-- ===== src/Config/Configured.antt =====
-- WriteRuntimeConfig of internal/client/config.go: what it leaves in the file of sshd.
use familiar_fleet.Base.{ℕ, ◌≡◌, Option, none, some, List, [], ◌∷◌, Text, nat_eq, text_eq}
use familiar_fleet.State.{Paths, Enrollment}
use familiar_fleet.Config.{Written, ConfigError, sshd_config_text}
use familiar_fleet.Config.Directives.{directives, ReadsAs}

abbrev pub last_file : List Written → Option Written
last_file [] = none
last_file (f ∷ []) = some f
last_file (f ∷ g ∷ fs) = last_file (g ∷ fs)

-- The last of the files is the configuration, and it is read as the directives.
abbrev pub EndsConfigured : Paths → Text → ℕ → List Written → Type 0
EndsConfigured paths user port files =
    (file : Written) × (last_file files ≡ some file)
    × (file.path ≡ paths.sshd_config)
    × ReadsAs file.content (directives paths user port)

abbrev Configures : Paths → Text → ℕ → List Written × Option ConfigError → Type 0
Configures paths user port (files, some e) = Unit
Configures paths user port (files, none) = EndsConfigured paths user port files

module _ (paths : Paths) (e : Enrollment) (user herdr : Text) (port : ℕ) where
  abbrev written_config : Written
  written_config = record {
    path = paths.sshd_config;
    content = sshd_config_text paths user port;
    mode = 0o600;
  }
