-- ===== src/Config/Forwarding.antt =====
-- The arguments of the tunnel's ssh.
use familiar_fleet.Base.{
  append_assoc, ◌≤◌, length, append-nil, ℕ, suc, Bool, true, ◌≡◌, none, List, [], ◌∷◌, ◌++◌, Text,
  codes, nat_eq, text_eq, eq_iff, all, arith, refl, ap, sym, ◌∙◌, ◌⊎◌, inl, inr, ℤ, pos, negsuc,
}
use familiar_fleet.Text.{itoa, is_digit, has_prefix}
use familiar_fleet.Text.Bytes.{is_not, all-append, itoa-all, weaken-all}
use familiar_fleet.State.{Paths, Enrollment, validate_enrollment}
use familiar_fleet.State.Grammar.{is_user_byte}
use familiar_fleet.State.Safe.{is_host_byte, IsSafe, validate_enrollment-IsSafe}
use familiar_fleet.Config.{itoa_int, local_port, tunnel_args, tunnel_args_for_port, replace_all}

-- What ssh is to be given.
abbrev pub forwarding_args : Paths → Enrollment → ℕ → List Text
forwarding_args paths e port =
    codes "-F"
    ∷ codes "/dev/null"
    ∷ codes "-N"
    ∷ codes "-T"
    ∷ codes "-o"
    ∷ codes "BatchMode=yes"
    ∷ codes "-o"
    ∷ codes "IdentitiesOnly=yes"
    ∷ codes "-o"
    ∷ (codes "IdentityFile=" ++ paths.tunnel_key)
    ∷ codes "-o"
    ∷ (codes "UserKnownHostsFile=" ++ paths.known_hosts)
    ∷ codes "-o"
    ∷ codes "GlobalKnownHostsFile=/dev/null"
    ∷ codes "-o"
    ∷ codes "StrictHostKeyChecking=yes"
    ∷ codes "-o"
    ∷ codes "CheckHostIP=no"
    ∷ codes "-o"
    ∷ codes "ExitOnForwardFailure=yes"
    ∷ codes "-o"
    ∷ codes "ServerAliveInterval=15"
    ∷ codes "-o"
    ∷ codes "ServerAliveCountMax=3"
    ∷ codes "-o"
    ∷ codes "ConnectTimeout=15"
    ∷ codes "-o"
    ∷ codes "ConnectionAttempts=1"
    ∷ codes "-o"
    ∷ codes "RequestTTY=no"
    ∷ codes "-o"
    ∷ codes "ForwardAgent=no"
    ∷ codes "-o"
    ∷ codes "ClearAllForwardings=no"
    ∷ codes "-p"
    ∷ itoa_int e.tunnel_ssh_port
    ∷ codes "-R"
    ∷ (codes "127.0.0.1:" ++ (itoa_int e.port ++ (codes ":127.0.0.1:" ++ itoa port)))
    ∷ codes "--"
    ∷ (e.tunnel_user ++ b'@' ∷ e.tunnel_host)
    ∷ []

abbrev pub plain : ℕ → Bool
plain = is_not b'%'

abbrev fill : ℕ → Text → Text
fill port = replace_all local_port (itoa port) 0

fill-plain : (port : ℕ) (s : Text) → all plain s ≡ true → fill port s ≡ s
unfolding replace_all has_prefix
fill-plain port [] h = refl
fill-plain port (c ∷ s) h = ground (arith, h, fill-plain port s)

fill_end : (port : ℕ) (s : Text) → all plain s ≡ true → fill port (s ++ local_port) ≡ s ++ itoa port
unfolding replace_all has_prefix
fill_end port [] h = append-nil (itoa port)
fill_end port (c ∷ s) h = ground (arith, h, fill_end port s)

digit_plain : (c : ℕ) → is_digit c ≡ true → plain c ≡ true
digit_plain c h = ground (arith, h, eq_iff c b'%')

user_plain : (c : ℕ) → is_user_byte c ≡ true → plain c ≡ true
user_plain c h = ground (arith, h, eq_iff c b'%')

host_plain : (c : ℕ) → is_host_byte c ≡ true → plain c ≡ true
host_plain c h = ground (arith, h, eq_iff c b'%')

itoa-plain : (n : ℕ) → all plain (itoa n) ≡ true
itoa-plain n = weaken-all is_digit plain digit_plain (itoa n) (itoa-all n)

itoa_int-plain : (n : ℤ) → all plain (itoa_int n) ≡ true
itoa_int-plain (pos n) = itoa-plain n
itoa_int-plain (negsuc n) = ground (arith, itoa-plain (suc n))

host_text_plain :
    (is_ip : Text → Bool)
    → ((s : Text) → is_ip s ≡ true → all plain s ≡ true)
    → (s : Text) → (is_ip s ≡ true) ⊎ ((all is_host_byte s ≡ true) × (length s ≤ 253))
    → all plain s ≡ true
host_text_plain is_ip ip_plain s (inl h) = ip_plain s h
host_text_plain is_ip ip_plain s (inr (h, short)) = weaken-all is_host_byte plain host_plain s h

remote_filled :
    (n : ℤ) (port : ℕ)
    → fill port (itoa_int n ++ (codes ":127.0.0.1:" ++ local_port))
      ≡ itoa_int n ++ (codes ":127.0.0.1:" ++ itoa port)
remote_filled n port =
    ap (fill port) (sym (append_assoc (itoa_int n) (codes ":127.0.0.1:") local_port))
    ∙ fill_end port (itoa_int n ++ codes ":127.0.0.1:")
        (all-append plain (itoa_int n) (codes ":127.0.0.1:") (itoa_int-plain n) refl)
    ∙ append_assoc (itoa_int n) (codes ":127.0.0.1:") (itoa port)

destination_plain :
    (user host : Text)
    → all plain user ≡ true
    → all plain host ≡ true
    → all plain (user ++ b'@' ∷ host) ≡ true
destination_plain user host hu hh = all-append plain user (b'@' ∷ host) hu hh

module _ (paths : Paths) (e : Enrollment) (port : ℕ) (key_plain : all plain paths.tunnel_key ≡ true)
    (hosts_plain : all plain paths.known_hosts ≡ true) (is_ip : Text → Bool)
    (ip_plain : (s : Text) → is_ip s ≡ true → all plain s ≡ true) where
  -- For an enrollment that passed validation, and where the paths of the tunnel's key and of the
  -- known hosts have no `%` and no text that `is_ip` accepts has one, the arguments for a port are
  -- exactly those with that port's digits after the last colon of the forwarding, and every other
  -- argument is as TunnelArgs built it: the key and the known hosts at their own paths, the
  -- remote forwarding bound to the loopback address, and the destination after `--`.
  pub tunnel_args_for_port-forwarding_args :
      validate_enrollment is_ip e ≡ none
      → tunnel_args_for_port paths e port ≡ forwarding_args paths e port
  unfolding tunnel_args_for_port tunnel_args replace_all has_prefix
  tunnel_args_for_port-forwarding_args valid =
      let safe : IsSafe is_ip e = validate_enrollment-IsSafe is_ip e valid in
      cc (
        fill-plain port paths.tunnel_key key_plain,
        fill-plain port paths.known_hosts hosts_plain,
        fill-plain port (itoa_int e.tunnel_ssh_port) (itoa_int-plain e.tunnel_ssh_port),
        remote_filled e.port port,
        fill-plain port (e.tunnel_user ++ b'@' ∷ e.tunnel_host) (
            destination_plain e.tunnel_user e.tunnel_host
              (weaken-all is_user_byte plain user_plain e.tunnel_user safe.user.0)
              (host_text_plain is_ip ip_plain e.tunnel_host safe.host)),
      )
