-- ===== src/Endpoint/Secure.antt =====
-- What a canonical endpoint is.
use familiar_fleet.Base.{
  ℕ, Bool, true, false, ◌≡◌, ◌≢◌, ◌⊎◌, inl, inr, some, [], Text, text_eq, eq_iff, refl, arith,
  Option-cases, nat_eq, ◌∷◌, ◌&&◌, all, ◌==◌, if◌then◌else◌,
}
use familiar_fleet.Text.{trim_space, trim_right}
use familiar_fleet.Endpoint.{Url, Urls, https, is_local, lower, trim_slashes, canonical_endpoint}

-- A URL that is accepted: in lower case HTTPS, or HTTP on this machine, with nothing but a host and a
-- path, and perhaps a `?` with nothing behind it.
pub record IsSecure (urls : Urls) (u : Url) : Type 0 where
  pub scheme : ((lower urls u).scheme ≡ https) ⊎ (is_local urls (lower urls u) ≡ true)
  pub host : u.host ≢ []
  pub user : u.has_user ≡ false
  pub query : u.raw_query ≡ []
  pub fragment : u.fragment ≡ []
  pub opaque : u.opaque ≡ []

abbrev pub last_is : (ℕ → Bool) → Text → Bool
last_is p [] = false
last_is p (c ∷ []) = p c
last_is p (c ∷ d ∷ s) = last_is p (d ∷ s)

all_of_trimmed : (p : ℕ → Bool) (s : Text) → trim_right p s ≡ [] → all p s ≡ true
unfolding trim_right
all_of_trimmed p [] h = refl
all_of_trimmed p (c ∷ s) h = ground arith

last_is-trim_right : (p : ℕ → Bool) (s : Text) → last_is p (trim_right p s) ≡ false
unfolding trim_right
last_is-trim_right p [] = refl
last_is-trim_right p (c ∷ s) = by_rest (trim_right p s) refl (last_is-trim_right p s)
  where
    by_rest :
        (r : Text)
        → trim_right p s ≡ r
        → last_is p (trim_right p s) ≡ false
        → last_is p (if p c && all p s then [] else c ∷ trim_right p s) ≡ false
    by_rest [] e h = ground (arith, e, all_of_trimmed p s)
    by_rest (d ∷ r) e h = ground (arith, e)

-- `CanonicalEndpoint` accepts only the text of a URL that, in lower case, is HTTPS or is HTTP on this
-- machine, and that has a host, and no user, no fragment, no opaque part and no text of a query; what
-- it returns is printed from that URL with its scheme and host in lower case and with a path that does
-- not end in a slash. A `?` with nothing behind it stays.
pub canonical_endpoint-IsSecure :
    (urls : Urls) (raw t : Text)
    → canonical_endpoint urls raw ≡ some t
    → (u : Url) × (urls.parse (trim_space raw) ≡ some u)
      × IsSecure urls u
      × (t ≡ urls.print (trim_slashes (lower urls u)))
      × ((trim_slashes (lower urls u)).force_query ≡ u.force_query)
      × (last_is (λ c. c == b'/') (trim_slashes (lower urls u)).path ≡ false)
unfolding canonical_endpoint
canonical_endpoint-IsSecure urls raw t h = elim (Option-cases (urls.parse (trim_space raw))) [
  | inl e ↦ absurd (ground arith)
  | inr (u, e) ↦ (
    u,
    e,
    record {
      scheme = ground (arith, e, eq_iff (lower urls u).scheme https);
      host = ground (arith, e, eq_iff u.host []);
      user = ground (arith, e);
      query = ground (arith, e, eq_iff u.raw_query []);
      fragment = ground (arith, e, eq_iff u.fragment []);
      opaque = ground (arith, e, eq_iff u.opaque []);
    },
    ground (arith, e),
    refl,
    last_is-trim_right (λ c. c == b'/') u.path,
  )
]
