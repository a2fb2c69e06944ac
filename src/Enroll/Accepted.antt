-- ===== src/Enroll/Accepted.antt =====
-- Which enrollments are accepted.
use familiar_fleet.Base.{
  Option-cases, Bool, true, ◌≡◌, ◌≢◌, ◌↔◌, inl, inr, Option, none, some, [], Text, length, ◌≤◌, ℕ,
  refl, text_eq, eq_iff, arith,
}
use familiar_fleet.Endpoint.{Urls, Url, validate_endpoint}
use familiar_fleet.State.{
  Enrollment, EnrollmentRequest, validate_enrollment, validate_enrollment_request,
}
use familiar_fleet.State.Files.{Codec, Decoded, invalid, trailing, value}
use familiar_fleet.Enroll.{
  Response, Post, is_success, max_response, fleet_url, enroll, enroll_post, accept_response,
}

module _ (codec : Codec Enrollment) (is_ip : Text → Bool) (urls : Urls)
    (send : Post → Option Response) where
  module _ (endpoint token : Text) (request : EnrollmentRequest) where
    -- The request that is made, and the response to it, with what its body decodes to.
    pub record Exchange (e : Enrollment) : Type 0 where
      pub endpoint_valid : validate_endpoint urls endpoint ≡ true
      pub request_valid : validate_enrollment_request request ≡ none
      pub token_given : token ≢ []
      pub url : Url
      pub url_parsed : urls.parse (fleet_url endpoint) ≡ some url
      pub status : ℕ
      pub body : Text
      pub answered :
          send (record { url = urls.print url; token = token; request = request })
          ≡ some (record { status = status; body = some body })
      pub succeeded : is_success status ≡ true
      pub small : length body ≤ max_response
      pub decoded : codec.decode body ≡ value e
      pub valid : validate_enrollment is_ip e ≡ none

    exchanged :
        (e : Enrollment) → Exchange e → enroll codec is_ip urls send endpoint token request ≡ inr e
    unfolding enroll enroll_post accept_response
    exchanged e x = ground (
      arith,
      x.endpoint_valid,
      x.request_valid,
      x.token_given,
      eq_iff token [],
      x.url_parsed,
      x.answered,
      x.succeeded,
      x.small,
      x.decoded,
      x.valid,
    )

    answered_by :
        (e : Enrollment) (u : Url) (r : Response)
        → enroll codec is_ip urls send endpoint token request ≡ inr e
        → urls.parse (fleet_url endpoint) ≡ some u
        → send (record { url = urls.print u; token = token; request = request }) ≡ some r
        → Exchange e
    unfolding enroll enroll_post accept_response
    answered_by e u r h p a = elim (Option-cases r.body) [
      | inl n ↦ absurd (ground (arith, p, a, n))
      | inr (body, b) ↦ record {
        endpoint_valid = ground (arith, p);
        request_valid = ground (arith, p);
        token_given = ground (arith, p, eq_iff token []);
        url = u;
        url_parsed = p;
        status = r.status;
        body = body;
        answered = ground (arith, a, b);
        succeeded = ground (arith, p, a, b);
        small = ground (arith, p, a, b);
        decoded = by_decoded (codec.decode body) refl b;
        valid = by_decoded_valid (codec.decode body) refl b;
      }
    ]
      where
        by_decoded :
            {body : Text} (d : Decoded Enrollment)
            → codec.decode body ≡ d
            → r.body ≡ some body
            → codec.decode body ≡ value e
        by_decoded invalid f b = absurd (ground (arith, p, a, b, f))
        by_decoded trailing f b = absurd (ground (arith, p, a, b, f))
        by_decoded (value x) f b = ground (arith, p, a, b, f)

        by_decoded_valid :
            {body : Text} (d : Decoded Enrollment)
            → codec.decode body ≡ d
            → r.body ≡ some body
            → validate_enrollment is_ip e ≡ none
        by_decoded_valid invalid f b = absurd (ground (arith, p, a, b, f))
        by_decoded_valid trailing f b = absurd (ground (arith, p, a, b, f))
        by_decoded_valid (value x) f b = ground (arith, p, a, b, f)

    enroll_sound :
        (e : Enrollment) → enroll codec is_ip urls send endpoint token request ≡ inr e → Exchange e
    unfolding enroll enroll_post accept_response
    enroll_sound e h = elim (Option-cases (urls.parse (fleet_url endpoint))) [
      | inl n ↦ absurd (ground (arith, n))
      | inr (u, p) ↦
          elim (Option-cases
            (send (record { url = urls.print u; token = token; request = request }))) [
              | inl n ↦ absurd (ground (arith, p, n))
              | inr (r, a) ↦ answered_by e u r h p a
            ]
    ]

    -- `Enroll` returns an enrollment exactly when the endpoint and the request are valid, there is a
    -- token, and the response to the one request that it makes has a status from 200 to 299 and a body
    -- of at most 1 MiB that decodes to that enrollment, which is valid.
    pub enroll_iff :
        (e : Enrollment)
        → (enroll codec is_ip urls send endpoint token request ≡ inr e) ↔ Exchange e
    enroll_iff e = (enroll_sound e, exchanged e)
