-- ===== src/DriftChecker/Tests.antt =====
-- A witness for the drift checker: two snapshots that differ in an index.
use dbwarden_harness.Base.{
  String, false, none, List, [], ◌∷◌, string_eq, nat_eq, option_eq, ◌≡◌, ◌↔◌, refl, arith,
}
use dbwarden_harness.Base.Dict
use dbwarden_harness.DriftChecker.{SchemaSnapshot, diff}
use dbwarden_harness.Base.Result.{Result, ok, err, runtime_error}
use dbwarden_harness.DriftChecker.Capture.{Inspector, SystemTables, capture, clickhouse_snapshot}
use dbwarden_harness.DriftChecker.WellFormed.{capture-diff}
use dbwarden_harness.DriftChecker.Completeness.{SameTable, IsWellFormed}

abbrev snapshot : List String → SchemaSnapshot
snapshot indexes = record {
  tables = "users" ∷ [];
  columns = ("users", "id" ∷ []) ∷ [];
  indexes = ("users", indexes) ∷ [];
  column_details = ("users", ("id", "INT", false, none) ∷ []) ∷ [];
  primary_keys = ("users", "id" ∷ []) ∷ [];
  foreign_keys = ("users", []) ∷ [];
  unique_constraints = ("users", []) ∷ [];
  views = [];
  table_options = ("users", []) ∷ [];
}

snapshot-IsWellFormed : (indexes : List String) → IsWellFormed (snapshot indexes)
unfolding Dict.lookup
snapshot-IsWellFormed indexes t h = elim (string_eq.dec t "users") [
  | yes e ↦ ground (arith, h, e)
  | no n ↦ ground (arith, h, n)
]

abbrev indexed : SchemaSnapshot
indexed = snapshot ("by_id" ∷ [])

abbrev plain : SchemaSnapshot
plain = snapshot []

-- ClickHouse with one table.
abbrev system_tables : SystemTables
system_tables = record {
  tables = "users" ∷ [];
  table_rows = ("users", "MergeTree", "id", "", "id") ∷ [];
  column_rows = ("users", "id", "UInt64", "", "") ∷ [];
}

abbrev no_inspector : String → Result Inspector
no_inspector url = err (runtime_error "no driver")

abbrev server : String → Result SystemTables
server url = ok system_tables

abbrev captured : SchemaSnapshot
captured = clickhouse_snapshot system_tables

capture-diff_example : (diff captured captured ≡ []) ↔ (
    (captured.tables ≡ captured.tables)
    × (captured.views ≡ captured.views)
    × ((t : String) → SameTable captured captured t))
unfolding capture dbwarden_harness.Base.Text.starts_with
capture-diff_example =
    capture-diff no_inspector server "http://a:8123" "https://b:8443" captured captured
      (λ url q e. ground arith) refl refl
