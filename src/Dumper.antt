-- ===== src/Dumper.antt =====
-- mcp_server/dumper.py: the dump of a live schema by the tools of its backend. The time limit of a
-- command is an error of the program that runs it.
pub mod Sessions
mod Tests
use Prim.Native.Char.{code}
use dbwarden_harness.Base.{
  ℕ, String, ◌<>◌, Bool, true, false, ◌&&◌, ◌||◌, Option, none, some, List, [], ◌∷◌, ◌++◌, ◌==◌,
  nat_eq, string_eq, if◌then◌else◌, map,
}
use dbwarden_harness.Base.Dict
use dbwarden_harness.Base.Dict.{Dict}
use dbwarden_harness.Base.Text.{join, lower}
use dbwarden_harness.Base.Result.{Result, ok, err, runtime_error, ◌>>=◌}
use dbwarden_harness.Disk.{Event, CommandResult}

-- What `urlparse` finds. Reading a port that is no number raises.
pub record Url : Type 0 where
  pub scheme : String
  pub netloc : String
  pub path : String
  pub params : String
  pub query : String
  pub fragment : String
  pub hostname : Option String
  pub port : Result (Option ℕ)
  pub username : Option String
  pub password : Option String

-- `s.lstrip("/")`
lstrip_slash : String → String
lstrip_slash String.[] = ""
lstrip_slash (String.◌∷◌ c s) =
    let rest = lstrip_slash s in if code c == 47 then rest else String.◌∷◌ c s

-- `s.rstrip(";")`
rstrip_semicolon : String → String
rstrip_semicolon String.[] = ""
rstrip_semicolon (String.◌∷◌ c s) =
    let rest = rstrip_semicolon s in if rest == "" && code c == 59 then "" else String.◌∷◌ c rest

-- `value or default`
or_text : Option String → String → String
or_text none default = default
or_text (some value) default = if value == "" then default else value

or_port : Option ℕ → ℕ → ℕ
or_port none default = default
or_port (some value) default = if value == 0 then default else value

option_flag : String → Option String → List String
option_flag flag none = []
option_flag flag (some value) = if value == "" then [] else flag ∷ value ∷ []

-- What `get_client` is given. An option that names another argument is an error of the client.
pub record Settings : Type 0 where
  pub host : String
  pub port : ℕ
  pub username : String
  pub password : String
  pub database : String
  pub secure : Bool
  pub options : Dict String String

-- What a ClickHouse client is asked.
pub data Call : Type 0 where
  connected : Settings → Call
  queried : String → Call
  closed : Call

pub last : String → List String → String
last x [] = x
last x (y ∷ ys) = last y ys

-- `values[-1]` of each key. `parse_qs` answers no empty list.
last_values : Dict String (List String) → Dict String String
unfolding last
last_values [] = []
last_values ((key, []) ∷ rest) = last_values rest
last_values ((key, v ∷ vs) ∷ rest) = (key, last v vs) ∷ last_values rest

pub create_query : String → String → String
create_query database table = "SHOW CREATE TABLE " <> database <> ".`" <> table <> "`"

-- The first row's definition, if there is a row.
first_row : List String → List String
first_row [] = []
first_row (definition ∷ _) = definition ∷ []

abbrev pub list_query : String
list_query =
    "SELECT name FROM system.tables WHERE database = %(database)s AND is_temporary = 0 ORDER BY name"

-- urllib.parse's functions, `str` of a port, and `parse_qs`.
pub record Urls : Type 0 where
  pub urlparse : String → Result Url
  pub urlunparse : String → String → String → String → String → String → String
  pub unquote : String → String
  pub show : ℕ → String
  pub parse_qs : String → Dict String (List String)

-- `which` finds a program, and `run` gives it a command and what is added to the environment.
-- `database` is the file of an SQLite URL, `exists` tells whether it is there, and `master` answers
-- the query of its `sqlite_master`. `connect` and `answer` are the ClickHouse client; an answer
-- depends on all calls before it, the newest first.
pub record Tools : Type 0 where
  pub which : String → Option String
  pub run : List String → Dict String String → Result CommandResult
  pub database : String → Result (Option String)
  pub exists : String → Bool
  pub master : String → Result (List String)
  pub connect : Settings → Result (Unit {0})
  pub answer : List Call → Result (List String)

module _ (urls : Urls) (tools : Tools) where
  normalize_for_cli : String → String → Result String
  normalize_for_cli url scheme = do
    u ← urls.urlparse url
    ok (urls.urlunparse scheme u.netloc u.path u.params u.query u.fragment)

  port_flag : String → Option ℕ → List String
  port_flag flag none = []
  port_flag flag (some n) = if n == 0 then [] else flag ∷ urls.show n ∷ []

  name_flag : String → Option String → List String
  name_flag flag none = []
  name_flag flag (some s) = if s == "" then [] else flag ∷ urls.unquote s ∷ []

  password_variable : String → Option String → Dict String String
  password_variable variable none = []
  password_variable variable (some s) = if s == "" then [] else (variable, urls.unquote s) ∷ []

  database_name : Url → String
  unfolding lstrip_slash or_text
  database_name u = or_text (some (urls.unquote (lstrip_slash u.path))) "harness"

  run_dump : String → List String → Dict String String → Result String
  run_dump name args environment = do
    r ← tools.run args environment
    if r.returncode == 0 then ok r.stdout else err (runtime_error (name <> " failed: " <> r.stderr))

  -- The command line of a dump: the program and its options, the server, the user, the database.
  command_line : List String → String → String → Url → Option ℕ → List String
  unfolding option_flag port_flag name_flag database_name
  command_line options port user u n =
      options
      ++ (option_flag "-h" u.hostname
          ++ (port_flag port n ++ (name_flag user u.username ++ (database_name u ∷ []))))

  dump_postgresql : String → Result String
  unfolding normalize_for_cli command_line password_variable run_dump
  dump_postgresql database_url = elim (tools.which "pg_dump") [
    | none ↦ err (runtime_error "pg_dump not found on PATH")
    | some pg_dump ↦ do
      url ← normalize_for_cli database_url "postgresql"
      u ← urls.urlparse url
      n ← u.port
      run_dump "pg_dump"
          (command_line
            (pg_dump ∷ "--schema-only" ∷ "--no-owner" ∷ "--no-privileges" ∷ "--no-comments" ∷ [])
            "-p" "-U" u n)
          (password_variable "PGPASSWORD" u.password)
  ]

  dump_mysql : String → Result String
  unfolding normalize_for_cli command_line password_variable run_dump
  dump_mysql database_url = elim (tools.which "mysqldump") [
    | none ↦ err (runtime_error "mysqldump not found on PATH")
    | some mysqldump ↦ do
      url ← normalize_for_cli database_url "mysql"
      u ← urls.urlparse url
      n ← u.port
      run_dump "mysqldump"
          (command_line (mysqldump ∷ "--no-data" ∷ "--skip-comments" ∷ []) "-P" "-u" u n)
          (password_variable "MYSQL_PWD" u.password)
  ]

  statements_of : String → Result String
  unfolding rstrip_semicolon
  statements_of path = do
    rows ← tools.master path
    ok (join "\n" (map (λ sql. rstrip_semicolon sql <> ";") rows))

  dump_sqlite : String → Result String
  unfolding or_text statements_of
  dump_sqlite database_url = do
    name ← tools.database database_url
    if tools.exists (or_text name "") then statements_of (or_text name "") else ok ""

  -- The definitions of the tables, and the calls.
  unfoldable pub statements : String → List String → List Call → Result (List String) × List Call
  unfolding create_query first_row
  statements database [] calls = (ok [], calls)
  statements database (table ∷ rest) calls =
      let asked = queried (create_query database table) ∷ calls in
      let (later, calls') = statements database rest asked in
      elim (tools.answer asked) [
        | err e ↦ (err e, asked)
        | ok rows ↦ (do s ← later; ok (first_row rows ++ s), calls')
      ]

  settings : Url → Option ℕ → Settings
  unfolding or_text or_port lstrip_slash last_values
  settings u n = record {
    host = or_text u.hostname "localhost";
    port = or_port n 8123;
    username = or_text u.username "clickhouse";
    password = or_text u.password "clickhouse";
    database = or_text (some (lstrip_slash u.path)) "harness";
    secure = u.scheme == "https";
    options = last_values (urls.parse_qs u.query);
  }

  -- The queries of a client that is connected; `finally` closes it.
  pub session : Settings → Result String × List Call
  session s =
      let asked = queried list_query ∷ connected s ∷ [] in
      elim (tools.answer asked) [
        | err e ↦ (err e, closed ∷ asked)
        | ok tables ↦
            let (found, calls) = statements s.database tables asked in
            (do definitions ← found; ok (join "\n\n" definitions <> "\n"), closed ∷ calls)
      ]

  pub open_session : Settings → Result String × List Call
  open_session s = elim (tools.connect s) [ err e ↦ (err e, []) | ok _ ↦ session s ]

  pub server_settings : String → Result Settings
  unfolding settings
  server_settings database_url = do u ← urls.urlparse database_url; n ← u.port; ok (settings u n)

  pub dump_clickhouse : String → Result String × List Call
  dump_clickhouse database_url = elim (server_settings database_url) [
    | err e ↦ (err e, [])
    | ok s ↦ open_session s
  ]

  -- The dump, with the calls of a ClickHouse client.
  pub dump_database_schema : String → String → Result String × List Call
  unfolding dump_postgresql dump_mysql dump_sqlite
  dump_database_schema database_url name =
      let backend = lower name in
      if backend == "postgresql"
      then (dump_postgresql database_url, [])
      else if backend == "mysql" || backend == "mariadb"
      then (dump_mysql database_url, [])
      else if backend == "sqlite"
      then (dump_sqlite database_url, [])
      else if backend == "clickhouse"
      then dump_clickhouse database_url
      else (err (runtime_error ("Unsupported backend for schema dump: " <> backend)), [])

-- The dump of a track, which keeps no error: the `dump` of the programs that Tracks runs.
pub track_dump : Urls → (List Event → Tools) → List Event → String → String → Option String
track_dump urls tools log url backend = elim (dump_database_schema urls (tools log) url backend).0 [
  | err e ↦ none
  | ok text ↦ some text
]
········
WHAT TO PRODUCE: Tally every line of the data that holds the word "exchanged" and write the count alone.

ANSWER: 3